What is it to be a gentleman? Is it to be honest, to be gentle, to be generous, to be brave, to be wise, and, possessing all these qualities, to exercise them in the most graceful outward manner? Ought a gentleman to be a loyal son, a true husband, and honest father? Ought his life to be decent-his bills to be paid his tastes to be high and elegant-his aims in life lofty and noble ? In a word, ought not the Biography of a First Gentleman in Europe to be of such a nature that it might be read in Young Ladies' Schools with advantage, and studied with profit in the Seminaries of Young Gentlemen? I put this question to all instructors of youth-to Mrs. Ellis and the Women of England; to all schoolmasters, from Doctor Hawtrey down to Mr. Squeers. I conjure up before me an

awful tribunal of youth and innocence, attended by its venerable instructors (like the ten thousand red-cheeked charity-children in Saint Paul's), sitting in judgment, and Gorgius pleading his cause in the midst. Out of Court, out of Court, fat old Florizel!
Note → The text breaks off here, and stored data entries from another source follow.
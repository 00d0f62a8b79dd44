-- ===== src/Database/Lifecycle/CalledOff.antt =====
-- Which orders are cancelled in the tables, before and after each function of app/database.py.
use langgraph_temporal_agent.Prelude.{
  ◌≡◌, refl, inl, some, inr, false, none, true, List, ℕ, find?, ◌⊎◌, Bool, ◌==◌, Option,
  if◌then◌else◌, ==_iff, ap, ◌∙◌,
}
use langgraph_temporal_agent.Database.Schema.{OrderStatus, Order, Database}
use langgraph_temporal_agent.Text.{Text}
use langgraph_temporal_agent.Database.Invariant.Status.{set_status}
use langgraph_temporal_agent.Database.Sql.{is_order, Result, with_status}
use langgraph_temporal_agent.Database.Invariant.{IsValid}
use langgraph_temporal_agent.Database.Refunds.{refund_order_row, RefundResult}
use langgraph_temporal_agent.Database.Orders.{cancel_order_row, CancellationResult}
use langgraph_temporal_agent.Database.Listing.{create_order_row, OrderRow}
use langgraph_temporal_agent.Database.Cancellation.{
  Cancelled, missing, refused, done, cancel_order_row-Cancelled,
}
use langgraph_temporal_agent.Database.Refunding.Outcome.{
  Refunded, no_order, repeated, not_delivered, kept_out, created,
}
use mathlib.Core.Option
use langgraph_temporal_agent.Database.Refunding.Ends.{refund_order_row-Refunded}
use langgraph_temporal_agent.Database.Invariant.Lookup.{find?-select_order, select_order-owner}
use langgraph_temporal_agent.Prelude.{find?-holds, find?-update, some_inj, changed, sym}
use langgraph_temporal_agent.Database.Creation.{
  Created, unknown_product, bad_quantity, inserted, create_order_row-Created, next_order,
}

-- Order `n`, of a customer, is cancelled.
abbrev pub IsCalledOff : List Order → ℕ → Text → Type 0
IsCalledOff os n customer_id =
    (o : Order) × (find? (is_order n) os ≡ some o)
    × (o.status ≡ OrderStatus.cancelled)
    × (o.customer_id ≡ customer_id)

-- An order that is cancelled after another status was set was cancelled before, or is the one whose
-- status was set.
set_status-back :
    (s : OrderStatus) (m : ℕ) (os : List Order) (n : ℕ) (customer_id : Text)
    → IsCalledOff (set_status s m os) n customer_id
    → IsCalledOff os n customer_id
      ⊎ ((o : Order) × (find? (is_order n) os ≡ some o)
          × (o.id ≡ m)
          × (s ≡ OrderStatus.cancelled)
          × (o.customer_id ≡ customer_id))
set_status-back s m os n customer_id (o', found, status, owner) =
    go (find? (is_order n) os) refl
      (sym (find?-update (is_order m) (with_status s) (is_order n) os (λ x. refl)) ∙ found)
  where
    before :
        (o : Order) (b : Bool)
        → find? (is_order n) os ≡ some o
        → (o.id == m) ≡ b
        → (if b then with_status s o else o) ≡ o'
        → IsCalledOff os n customer_id
          ⊎ ((o : Order) × (find? (is_order n) os ≡ some o)
              × (o.id ≡ m)
              × (s ≡ OrderStatus.cancelled)
              × (o.customer_id ≡ customer_id))
    before o true e same changed_to = inr (
      o,
      e,
      (==_iff o.id m).0 same,
      ap (λ (x : Order). x.status) changed_to ∙ status,
      ap (λ (x : Order). x.customer_id) changed_to ∙ owner,
    )
    before o false e same changed_to = inl (
      o,
      e,
      ap (λ (x : Order). x.status) changed_to ∙ status,
      ap (λ (x : Order). x.customer_id) changed_to ∙ owner,
    )

    go :
        (found_before : Option Order)
        → find? (is_order n) os ≡ found_before
        → Option.map (changed (is_order m) (with_status s)) found_before ≡ some o'
        → IsCalledOff os n customer_id
          ⊎ ((o : Order) × (find? (is_order n) os ≡ some o)
              × (o.id ≡ m)
              × (s ≡ OrderStatus.cancelled)
              × (o.customer_id ≡ customer_id))
    go none e h = cc
    go (some o) e h = before o (o.id == m) e refl (some_inj h)

pub cancel_order_row-back :
    (m : ℕ) (customer : Text) (db : Database) (n : ℕ) (customer_id : Text)
    → IsValid db
    → IsCalledOff (cancel_order_row m customer db).1.orders n customer_id
    → IsCalledOff db.orders n customer_id ⊎ ((n ≡ m) × (customer ≡ customer_id))
cancel_order_row-back m customer db n customer_id v = go (cancel_order_row-Cancelled m customer db)
  where
    go :
        {out : Result CancellationResult × Database}
        → Cancelled m customer db out
        → IsCalledOff out.1.orders n customer_id
        → IsCalledOff db.orders n customer_id ⊎ ((n ≡ m) × (customer ≡ customer_id))
    go (missing _ _ _ _) h = inl h
    go (refused _ _ _ _ _ _ _ _) h = inl h
    go (done r p present allowed _ _ _) h =
        elim (set_status-back OrderStatus.cancelled m db.orders n customer_id h) [
          | inl before ↦ inl before
          | inr (o, found, id, _, owner) ↦ inr (called_off o found id owner)
        ]
      where
        called_off :
            (o : Order)
            → find? (is_order n) db.orders ≡ some o
            → o.id ≡ m
            → o.customer_id ≡ customer_id
            → (n ≡ m) × (customer ≡ customer_id)
        called_off o found id owner =
            let same : n ≡ m =
              sym ((==_iff o.id n).0 (find?-holds (is_order n) db.orders found)) ∙ id in
            let first = find?-select_order m customer db.orders v.orders_distinct present in
            (
              same,
              sym (select_order-owner m customer db present).1
                  ∙ ap (λ (x : Order). x.customer_id) (some_inj (sym first ∙ (rw same at found)))
                  ∙ owner,
            )

pub refund_order_row-back :
    (m : ℕ) (customer reason key : Text) (db : Database) (n : ℕ) (customer_id : Text)
    → IsCalledOff (refund_order_row m customer reason key db).1.orders n customer_id
    → IsCalledOff db.orders n customer_id
refund_order_row-back m customer reason key db n customer_id =
    go (refund_order_row-Refunded m customer reason key db)
  where
    go :
        {out : Result (Option RefundResult) × Database}
        → Refunded m customer reason key db out
        → IsCalledOff out.1.orders n customer_id
        → IsCalledOff db.orders n customer_id
    go (no_order _) h = h
    go (repeated _ _ _ _) h = h
    go (not_delivered _ _ _ _) h = h
    go (kept_out _ _ _ _ _ _) h = h
    go (created _ _ _ _ _) h =
        elim (set_status-back OrderStatus.refunded m db.orders n customer_id h) [
          | inl before ↦ before
          | inr (_, _, _, never, _) ↦ cc
        ]

pub create_order_row-back :
    (now : ℕ) (customer sku : Text) (quantity : ℕ) (db : Database) (n : ℕ) (customer_id : Text)
    → IsValid db
    → IsCalledOff (create_order_row now customer sku quantity db).1.orders n customer_id
    → IsCalledOff db.orders n customer_id
create_order_row-back now customer sku quantity db n customer_id v =
    go (create_order_row-Created now customer sku quantity db v)
  where
    go :
        {out : Result (Option OrderRow) × Database}
        → Created now customer sku quantity db out
        → IsCalledOff out.1.orders n customer_id
        → IsCalledOff db.orders n customer_id
    go (unknown_product _) h = h
    go (bad_quantity _) h = h
    go (inserted _ _ _ _) (o, found, status, owner) =
        old (db.next_order_id == n) o found status owner
      where
        old :
            (b : Bool) (o : Order)
            → (if b
                then some (next_order now customer sku quantity db)
                else find? (is_order n) db.orders)
              ≡ some o
            → o.status ≡ OrderStatus.cancelled
            → o.customer_id ≡ customer_id
            → IsCalledOff db.orders n customer_id
        old true o e status owner =
            let pending_now = ap (λ (x : Order). x.status) (some_inj e) ∙ status in cc
        old false o e status owner = (o, e, status, owner)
Beadles, turn out that bloated, pimple-faced man!If Gorgius must have a statue in the new Palace which the Brentford nation is building, it ought to be set up in the Flunkey's Hall. He should be represented cutting out a coat, in which art he is said to have excelled. He also invented Maraschino punch, a shoe-buckle (this was in the vigor of his youth, and the prime force of his invention), and a Chinese pavilion, the most hideous building in the world. He could drive a four-in-hand very nearly as well as the Brighton coachman, could fence elegantly, and it is said, played the fiddle well. And he smiled with such irresistible fascination, that persons who were introduced into his august presence became his victims, body and soul, as a rabbit becomes the prey of a great big boa-constrictor.

I would wager that if Mr. Widdicomb were, by a revolution, placed on the throne of Brentford, people would be equally fascinated by his irresistibly majestic smile, and tremble as they knelt down to kiss his hand. If he went to Dublin they would erect an obelisk on the spot where he first landed, as the Pad dylanders did when Gorgius visited them. We have all of us read with delight that story of the King's voyage to Haggisland, where his presence inspired such a fury of loyalty; and where the most famous man of the country-the Baron of Bradwardine coming on board the royal yacht, and finding a glass out of which Gorgius had drunk, put it into his coat-pocket as an inestimable relic, and went ashore again. But the Baron sat down upon the glass and broke it, and cut his coat tails very much; and the inestimable relic was lost to the world forever. O noble Bradwardine! What old-world superstition could set you on your knees before such an idol as that?

If you want to moralize upon the mutability of human affairs, go and see the figure of Gorgius in his real, identical robes, at the wax-work.-Admittance one shilling. Children and flunkeys sixpence. Go, and pay sixpence.